Property/crop damage units use exponents in PROPDMGEXP / CROPDMGEXP. Following common practice, we interpret H=10², K=10³, M=10⁶, B=10⁹; digits 0–9 as 10^digit; blanks and other symbols as 1.
# Create a function to convert exponents to numeric multipliers
exp_to_num <- function(exp) {
ifelse(exp %in% c('k', 'K'), 1e3,
ifelse(exp %in% c('m', 'M'), 1e6,
ifelse(exp %in% c('b', 'B'), 1e9, 1)))
}
# Compute damage in numeric form
dt$PROPDMG_num <- dt$PROPDMG * exp_to_num(dt$PROPDMGEXP)

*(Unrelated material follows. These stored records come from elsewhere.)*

-- ===== src/Points/Solvent.antt =====
-- The histories of the points tables of go/points_accounts.go: no balance is ever negative.
use erdai_agent.Prelude.{
  Bool, true, false, String, Option, none, some, ◌≡◌, refl, arith, List, [], ◌∷◌, ◌++◌, ℤ, pos,
  ◌+ℤ◌, ◌≤ℤ◌, int_laws, inl, inr, Bool-cases, str_eq, eq_iff, ap, ap₂, ◌∙◌, sym, subst, All,
}
use erdai_agent.Core.{Env, ok}
use erdai_agent.Points.Store.{
  Identity, IdentityRow, Entry, Order, Db, account_of, is_account, total, same_identity,
  insert_entry,
}
use erdai_agent.Points.Merge.{move_identities, move_orders}
use erdai_agent.Points.Totals.{
  part, total-move_target, total-move_source, total-move_other, account_of-move, moved,
}
use erdai_agent.Points.Conserve.{points_of, insert_entry-points, insert_entry-effect, Merged}
use erdai_agent.Points.Reserve.{Keyed}

abbrev pub is_known : Option String → Bool
is_known none = false
is_known (some a) = true

abbrev pub Known : List IdentityRow → Identity → Type 0
Known rows i = is_known (account_of i rows) ≡ true

-- the invariant of the histories
pub record Inv (db : Db) : Type 0 where
  pub keyed : Keyed db.identities
  pub entered : All (λ x. Known db.identities x.identity) db.entries
  pub ordered : All (λ o. Known db.identities o.identity) db.orders
  pub solvent : (id : String) → pos 0 ≤ℤ points_of db id

account_of-snoc :
    (i : Identity) (rows : List IdentityRow) (r : IdentityRow)
    → Known rows i
    → account_of i (rows ++ r ∷ []) ≡ account_of i rows
unfolding account_of
account_of-snoc i [] r h = cc
account_of-snoc i (q ∷ rs) r h = ground (arith, account_of-snoc i rs r)

pub account_of-last :
    (i : Identity) (rows : List IdentityRow) (a : String)
    → account_of i rows ≡ none
    → same_identity i i ≡ true
    → account_of i (rows ++ record { identity = i; account_id = a } ∷ []) ≡ some a
unfolding account_of
account_of-last i [] a h s = rw s
account_of-last i (q ∷ rs) a h s = ground (arith, account_of-last i rs a)

pub All-snoc {ℓ κ} :
    {A : Type ℓ} (P : A → Type κ) (xs : List A) (x : A) → All P xs → P x → All P (xs ++ x ∷ [])
All-snoc P [] x h p = (p, tt)
All-snoc P (y ∷ xs) x h p = (h.0, All-snoc P xs x h.1 p)

All-mono {ℓ κ ι} :
    {A : Type ℓ} (P : A → Type κ) (Q : A → Type ι)
    → ((a : A) → P a → Q a)
    → (xs : List A) → All P xs
    → All Q xs
All-mono P Q f [] h = tt
All-mono P Q f (x ∷ xs) h = (f x h.0, All-mono P Q f xs h.1)

apart-All :
    (i : Identity) (rows : List IdentityRow)
    → account_of i rows ≡ none
    → All (λ q. same_identity q.identity i ≡ false) rows
unfolding account_of
apart-All i [] h = tt
apart-All i (q ∷ rs) h = (ground arith, apart-All i rs (ground arith))

Keyed-snoc :
    (rows : List IdentityRow) (r : IdentityRow)
    → Keyed rows
    → All (λ q. same_identity q.identity r.identity ≡ false) rows
    → Keyed (rows ++ r ∷ [])
Keyed-snoc [] r k h = (tt, tt)
Keyed-snoc (q ∷ rs) r k h = (
  All-snoc (λ p. same_identity q.identity p.identity ≡ false) rs r k.0 h.0,
  Keyed-snoc rs r k.1 h.1,
)

total-snoc_row :
    (rows : List IdentityRow) (r : IdentityRow) (id : String) (xs : List Entry)
    → All (λ x. Known rows x.identity) xs
    → total (rows ++ r ∷ []) id xs ≡ total rows id xs
unfolding total
total-snoc_row rows r id [] h = refl
total-snoc_row rows r id (x ∷ xs) h =
    let b = ap (λ o. is_account o id) (account_of-snoc x.identity rows r h.0) in
    rw (b, total-snoc_row rows r id xs h.1)

-- A new row for an identity that has none keeps the invariant.
pub add_row-Inv :
    (db db' : Db) (i : Identity) (a : String)
    → account_of i db.identities ≡ none
    → db'.identities ≡ db.identities ++ record { identity = i; account_id = a } ∷ []
    → db'.entries ≡ db.entries
    → db'.orders ≡ db.orders
    → Inv db
    → Inv db'
add_row-Inv db db' i a n p q w v =
    let r : IdentityRow = record { identity = i; account_id = a } in
    let known = λ (j : Identity) (h : Known db.identities j).
      subst (λ rows. Known rows j) (sym p)
        (ap is_known (account_of-snoc j db.identities r h) ∙ h) in
    record {
      keyed =
          subst Keyed (sym p) (Keyed-snoc db.identities r v.keyed (apart-All i db.identities n));
      entered = subst (All (λ x. Known db'.identities x.identity)) (sym q) (
          All-mono (λ x. Known db.identities x.identity) (λ x. Known db'.identities x.identity)
            (λ x. known x.identity) db.entries v.entered);
      ordered = subst (All (λ x. Known db'.identities x.identity)) (sym w) (
          All-mono (λ x. Known db.identities x.identity) (λ x. Known db'.identities x.identity)
            (λ x. known x.identity) db.orders v.ordered);
      solvent = λ id.
          subst (λ n. pos 0 ≤ℤ n)
            (sym (
              ap₂ (λ rs xs. total rs id xs) p q
              ∙ total-snoc_row db.identities r id db.entries v.entered))
            (v.solvent id);
    }

-- An entry of a known identity keeps the invariant where each account can take its part.
pub add_entry-Inv :
    (db db' : Db) (x : Entry)
    → insert_entry x db ≡ ok db'
    → Known db.identities x.identity
    → ((id : String) → pos 0 ≤ℤ points_of db id +ℤ part db.identities id x)
    → Inv db
    → Inv db'
add_entry-Inv db db' x h k s v =
    let (p, q, _, w, _) = insert_entry-effect x db h in
    record {
      keyed = subst Keyed (sym p) v.keyed;
      entered =
          subst (λ rows. All (λ y. Known rows y.identity) db'.entries) (sym p)
            (subst (All (λ y. Known db.identities y.identity)) (sym q)
              (All-snoc (λ y. Known db.identities y.identity) db.entries x v.entered k));
      ordered =
          subst (λ rows. All (λ y. Known rows y.identity) db'.orders) (sym p)
            (subst (All (λ y. Known db.identities y.identity)) (sym w) v.ordered);
      solvent = λ id. subst (λ n. pos 0 ≤ℤ n) (sym (insert_entry-points x db id h)) (s id);
    }

Known-move :
    (source target : String) (rows : List IdentityRow) (i : Identity)
    → Known rows i
    → Known (move_identities source target rows) i
Known-move source target rows i h =
    ap is_known (account_of-move source target i rows) ∙ known_moved (account_of i rows) h
  where
    known_moved : (o : Option String) → is_known o ≡ true → is_known (moved source target o) ≡ true
    known_moved none e = cc
    known_moved (some a) e = refl

rows-move :
    (P : Identity → Type 0) (source target : String) (rows : List IdentityRow)
    → All (λ q. P q.identity) rows
    → All (λ q. P q.identity) (move_identities source target rows)
unfolding move_identities
rows-move P source target [] h = tt
rows-move P source target (r ∷ rs) h = (
  elim (Bool-cases (str_eq r.account_id source)) [ inl y ↦ rw y h.0 | inr n ↦ rw n h.0 ],
  rows-move P source target rs h.1,
)

Keyed-move :
    (source target : String) (rows : List IdentityRow)
    → Keyed rows
    → Keyed (move_identities source target rows)
unfolding move_identities
Keyed-move source target [] k = tt
Keyed-move source target (r ∷ rs) k = (
  elim (Bool-cases (str_eq r.account_id source)) [
    | inl y ↦ rw y (rows-move (λ i. same_identity r.identity i ≡ false) source target rs k.0)
    | inr n ↦ rw n (rows-move (λ i. same_identity r.identity i ≡ false) source target rs k.0)
  ],
  Keyed-move source target rs k.1,
)

orders-move :
    (P : Identity → Type 0) (source target : String) (os : List Order)
    → All (λ o. P o.identity) os
    → All (λ o. P o.identity) (move_orders source target os)
unfolding move_orders
orders-move P source target [] h = tt
orders-move P source target (o ∷ os) h = (
  elim (Bool-cases (str_eq o.account_id source)) [ inl y ↦ rw y h.0 | inr n ↦ rw n h.0 ],
  orders-move P source target os h.1,
)

pub sum_nonneg : (a b : ℤ) → pos 0 ≤ℤ a → pos 0 ≤ℤ b → pos 0 ≤ℤ a +ℤ b
sum_nonneg a b h k = omega int_laws

move-solvent :
    (source target : String) (rows : List IdentityRow) (xs : List Entry)
    → str_eq source target ≡ false
    → ((id : String) → pos 0 ≤ℤ total rows id xs)
    → (id : String) → pos 0 ≤ℤ total (move_identities source target rows) id xs
move-solvent source target rows xs n h id = elim (Bool-cases (str_eq target id)) [
  | inl y ↦
      let e = (eq_iff target id).0 y in
      subst (λ a. pos 0 ≤ℤ total (move_identities source target rows) a xs) e
        (subst (λ m. pos 0 ≤ℤ m) (sym (total-move_target source target rows xs n))
          (sum_nonneg (total rows target xs) (total rows source xs) (h target) (h source)))
  | inr m ↦ elim (Bool-cases (str_eq source id)) [
    | inl y ↦
        let e = (eq_iff source id).0 y in
        subst (λ a. pos 0 ≤ℤ total (move_identities source target rows) a xs) e
          (subst (λ k. pos 0 ≤ℤ k) (sym (total-move_source source target rows xs n)) (omega arith))
    | inr k ↦ subst (λ p. pos 0 ≤ℤ p) (sym (total-move_other source target id rows xs k m)) (h id)
  ]
]

-- A merge keeps the invariant.
pub merge-Inv :
    (e : Env) (db db' : Db) (source target to : String)
    → Merged e db db' source target to
    → Inv db
    → Inv db'
merge-Inv e db db' source target to m v =
    let move = λ (j : Identity) (h : Known db.identities j).
      subst (λ rows. Known rows j) (sym m.identities) (Known-move source to db.identities j h) in
    record {
      keyed = subst Keyed (sym m.identities) (Keyed-move source to db.identities v.keyed);
      entered = subst (All (λ x. Known db'.identities x.identity)) (sym m.entries) (
          All-mono (λ x. Known db.identities x.identity) (λ x. Known db'.identities x.identity)
            (λ x. move x.identity) db.entries v.entered);
      ordered = subst (All (λ o. Known db'.identities o.identity)) (sym m.orders) (
          orders-move (Known db'.identities) source to db.orders (
            All-mono (λ o. Known db.identities o.identity) (λ o. Known db'.identities o.identity)
              (λ o. move o.identity) db.orders v.ordered));
      solvent = λ id.
          subst (λ n. pos 0 ≤ℤ n) (sym (ap₂ (λ rs xs. total rs id xs) m.identities m.entries))
            (move-solvent source to db.identities db.entries m.apart v.solvent id);
    }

dt$CROPDMG_num <- dt$CROPDMG * exp_to_num(dt$CROPDMGEXP)
# Total economic damage
dt$TOTALDMG <- dt$PROPDMG_num + dt$CROPDMG_num
# Aggregate economic damage by event type ----
economic_impact <- dt %>%
group_by(EVTYPE) %>%
summarise(
total_damage = sum(TOTALDMG, na.rm = TRUE) # just total
) %>%
arrange(desc(total_damage))
# Top 10 most costly events
top10_econ <- economic_impact %>%
slice_head(n = 10)
# Plot top 10 economic damage events ----
ggplot(top10_econ, aes(x = reorder(EVTYPE, total_damage), y = total_damage / 1e9)) + # in millions
geom_col(fill = "darkgreen") +
coord_flip() +
labs(
title = "Top 10 Storm Events by Economic Damage (USD Billions)",
x = "Event Type",
y = "Total Damage (billions USD)"
) +
theme_minimal(base_size = 12)
Floods, hurricanes, and tornados cause the highest economic losses.